DATASET CONTENT Start Marker

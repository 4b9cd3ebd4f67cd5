-- ===== src/FieldPolicy/Rules.antt =====
-- What the rules of a field policy permit, and the test that the code makes of it.
use mcp_odoo.Prelude.{
  String, ◌≡◌, ◌↔◌, ◌⊎◌, inr, refl, Bool, true, false, not, ◌&&◌, ◌||◌, Option, none, some, List,
  [], ◌∷◌, ◌++◌, keep, arith, eq_iff,
}
use mcp_odoo.Prelude.Dict
use mcp_odoo.Prelude.Dict.{Dict, contains, keys}
use mcp_odoo.FieldPolicy.{
  Mode, deny, allow, ModelFieldRule, FieldPolicy, Effective, models_of, merge_mode, merge_rule,
  merge_both, effective, is_kept, split_names, split_by,
}

-- the names that one rule lets through; no rule lets all through
abbrev pub Lets : Mode → List String → String → Type 0
Lets deny fields name = contains fields name ≡ false
Lets allow fields name = contains fields name ≡ true

abbrev pub IsAllowedBy : Option ModelFieldRule → String → Type 0
IsAllowedBy none name = Unit
IsAllowedBy (some rule) name = Lets rule.mode rule.fields name

-- a field may be read: it is "id", or the rules of its model and of every model let it through
abbrev pub IsPermitted : FieldPolicy → String → String → String → Type 0
IsPermitted policy instance model name =
    let models = models_of policy instance in
    (name ≡ "id")
    ⊎ (IsAllowedBy (Dict.get "*" models) name × IsAllowedBy (Dict.get model models) name)

pub contains-append :
    (xs ys : List String) (k : String) → contains (xs ++ ys) k ≡ (contains xs k || contains ys k)
contains-append [] ys k = refl
contains-append (x ∷ xs) ys k = ground (arith, contains-append xs ys k)

contains-keep :
    (fs xs : List String) (k : String)
    → contains (keep (contains fs) xs) k ≡ (contains xs k && contains fs k)
contains-keep fs [] k = refl
contains-keep fs (x ∷ xs) k = ground (arith, contains-keep fs xs k, eq_iff x k)

-- the whole test, with a pass where no rule applies
abbrev pub keeps : Option Effective → String → Bool
keeps none name = true
keeps (some e) name = is_kept e name

abbrev start : Effective
start = record { allow = none; deny = [] }

keeps_one :
    (m : Mode) (fs : List String) (name : String)
    → (is_kept (merge_mode m fs start) name ≡ true) ↔ ((name ≡ "id") ⊎ Lets m fs name)
unfolding is_kept
keeps_one deny fs name =
    (λ h. ground (arith, eq_iff name "id"), λ h. ground (arith, eq_iff name "id"))
keeps_one allow fs name =
    (λ h. ground (arith, eq_iff name "id"), λ h. ground (arith, eq_iff name "id"))

keeps_two :
    (m n : Mode) (fs gs : List String) (name : String)
    → (is_kept (merge_mode n gs (merge_mode m fs start)) name ≡ true)
      ↔ ((name ≡ "id") ⊎ (Lets m fs name × Lets n gs name))
unfolding is_kept
keeps_two deny deny fs gs name = (
  λ h. ground (arith, eq_iff name "id", contains-append fs gs name),
  λ h. ground (arith, eq_iff name "id", contains-append fs gs name),
)
keeps_two allow allow fs gs name = (
  λ h. ground (arith, eq_iff name "id", contains-keep gs fs name),
  λ h. ground (arith, eq_iff name "id", contains-keep gs fs name),
)
keeps_two _ _ fs gs name =
    (λ h. ground (arith, eq_iff name "id"), λ h. ground (arith, eq_iff name "id"))

keeps_merged :
    (star specific : Option ModelFieldRule) (name : String)
    → (keeps (merge_both star specific) name ≡ true)
      ↔ ((name ≡ "id") ⊎ (IsAllowedBy star name × IsAllowedBy specific name))
unfolding merge_both merge_rule
keeps_merged none none name = (λ h. inr (tt, tt), λ h. refl)
keeps_merged none (some b) name = (
  λ h. ground (arith, keeps_one b.mode b.fields name),
  λ h. ground (arith, keeps_one b.mode b.fields name),
)
keeps_merged (some a) none name = (
  λ h. ground (arith, keeps_one a.mode a.fields name),
  λ h. ground (arith, keeps_one a.mode a.fields name),
)
keeps_merged (some a) (some b) name = keeps_two a.mode b.mode a.fields b.fields name

contains-keep_p :
    (p : String → Bool) (xs : List String) (k : String)
    → contains (keep p xs) k ≡ (contains xs k && p k)
contains-keep_p p [] k = refl
contains-keep_p p (x ∷ xs) k = ground (arith, contains-keep_p p xs k, eq_iff x k)

split_names_lem :
    (e : Effective) (names : List String)
    → split_names e names ≡ (keep (is_kept e) names, keep (λ n. not (is_kept e n)) names)
unfolding split_names
split_names_lem e [] = refl
split_names_lem e (n ∷ ns) = ground (arith, split_names_lem e ns)

module _ (policy : FieldPolicy) (instance model : String) where
  abbrev pub permits : String → Bool
  permits name = keeps (effective policy instance model) name

  pub permits_iff : (name : String) → (permits name ≡ true) ↔ IsPermitted policy instance model name
  unfolding effective
  permits_iff name = keeps_merged _ _ name

-- the split, over what applies
pub contains-split_by :
    (e : Option Effective) (names : List String) (name : String)
    → (contains (split_by e names).0 name ≡ (contains names name && keeps e name))
      × (contains (split_by e names).1 name ≡ (contains names name && not (keeps e name)))
contains-split_by none names name = unfold split_by in (ground arith, ground arith)
contains-split_by (some e) names name =
    unfold split_by in
    rw split_names_lem
      (contains-keep_p (is_kept e) names name, contains-keep_p (λ n. not (is_kept e n)) names name)

pub and_iff :
    {P : Type 0} (b c p : Bool) → b ≡ (c && p) → ((p ≡ true) ↔ P) → (b ≡ true) ↔ ((c ≡ true) × P)
and_iff b true true e i = (λ h. (refl, i.0 refl), λ h. e)
and_iff b true false e i = (λ h. cc, λ h. cc (i.1 h.1))
and_iff b false p e i = (λ h. cc, λ h. cc (h.0))

pub and_not_iff :
    {P : Type 0} (b c p : Bool)
    → b ≡ (c && not p)
    → ((p ≡ true) ↔ P)
    → (b ≡ true) ↔ ((c ≡ true) × (¬ P))
and_not_iff b true true e i = (λ h. cc, λ h. absurd (h.1 (i.0 refl)))
and_not_iff b true false e i = (λ h. (refl, λ q. cc (i.1 q)), λ h. e)
and_not_iff b false p e i = (λ h. cc, λ h. cc (h.0))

DATASET CONTENT End Marker

### [GOAL OF THE EXERCISE]
Please copy exactly the lines from the first line of the records above through the line containing "(m : Mode) (fs", including both, and nothing more.

### [RESPONSE]
repository 4b9cd3ebd4f67cd5
-- ===== src/FieldPolicy/Rules.antt =====
-- What the rules of a field policy permit, and the test that the code makes of it.
use mcp_odoo.Prelude.{
  String, ◌≡◌, ◌↔◌, ◌⊎◌, inr, refl, Bool, true, false, not, ◌&&◌, ◌||◌, Option, none, some, List,
  [], ◌∷◌, ◌++◌, keep, arith, eq_iff,
}
use mcp_odoo.Prelude.Dict
use mcp_odoo.Prelude.Dict.{Dict, contains, keys}
use mcp_odoo.FieldPolicy.{
  Mode, deny, allow, ModelFieldRule, FieldPolicy, Effective, models_of, merge_mode, merge_rule,
  merge_both, effective, is_kept, split_names, split_by,
}

-- the names that one rule lets through; no rule lets all through
abbrev pub Lets : Mode → List String → String → Type 0
Lets deny fields name = contains fields name ≡ false
Lets allow fields name = contains fields name ≡ true

abbrev pub IsAllowedBy : Option ModelFieldRule → String → Type 0
IsAllowedBy none name = Unit
IsAllowedBy (some rule) name = Lets rule.mode rule.fields name

-- a field may be read: it is "id", or the rules of its model and of every model let it through
abbrev pub IsPermitted : FieldPolicy → String → String → String → Type 0
IsPermitted policy instance model name =
    let models = models_of policy instance in
    (name ≡ "id")
    ⊎ (IsAllowedBy (Dict.get "*" models) name × IsAllowedBy (Dict.get model models) name)

pub contains-append :
    (xs ys : List String) (k : String) → contains (xs ++ ys) k ≡ (contains xs k || contains ys k)
contains-append [] ys k = refl
contains-append (x ∷ xs) ys k = ground (arith, contains-append xs ys k)

contains-keep :
    (fs xs : List String) (k : String)
    → contains (keep (contains fs) xs) k ≡ (contains xs k && contains fs k)
contains-keep fs [] k = refl
contains-keep fs (x ∷ xs) k = ground (arith, contains-keep fs xs k, eq_iff x k)

-- the whole test, with a pass where no rule applies
abbrev pub keeps : Option Effective → String → Bool
keeps none name = true
keeps (some e) name = is_kept e name

abbrev start : Effective
start = record { allow = none; deny = [] }

keeps_one :
    (m : Mode) (fs : List String) (name : String)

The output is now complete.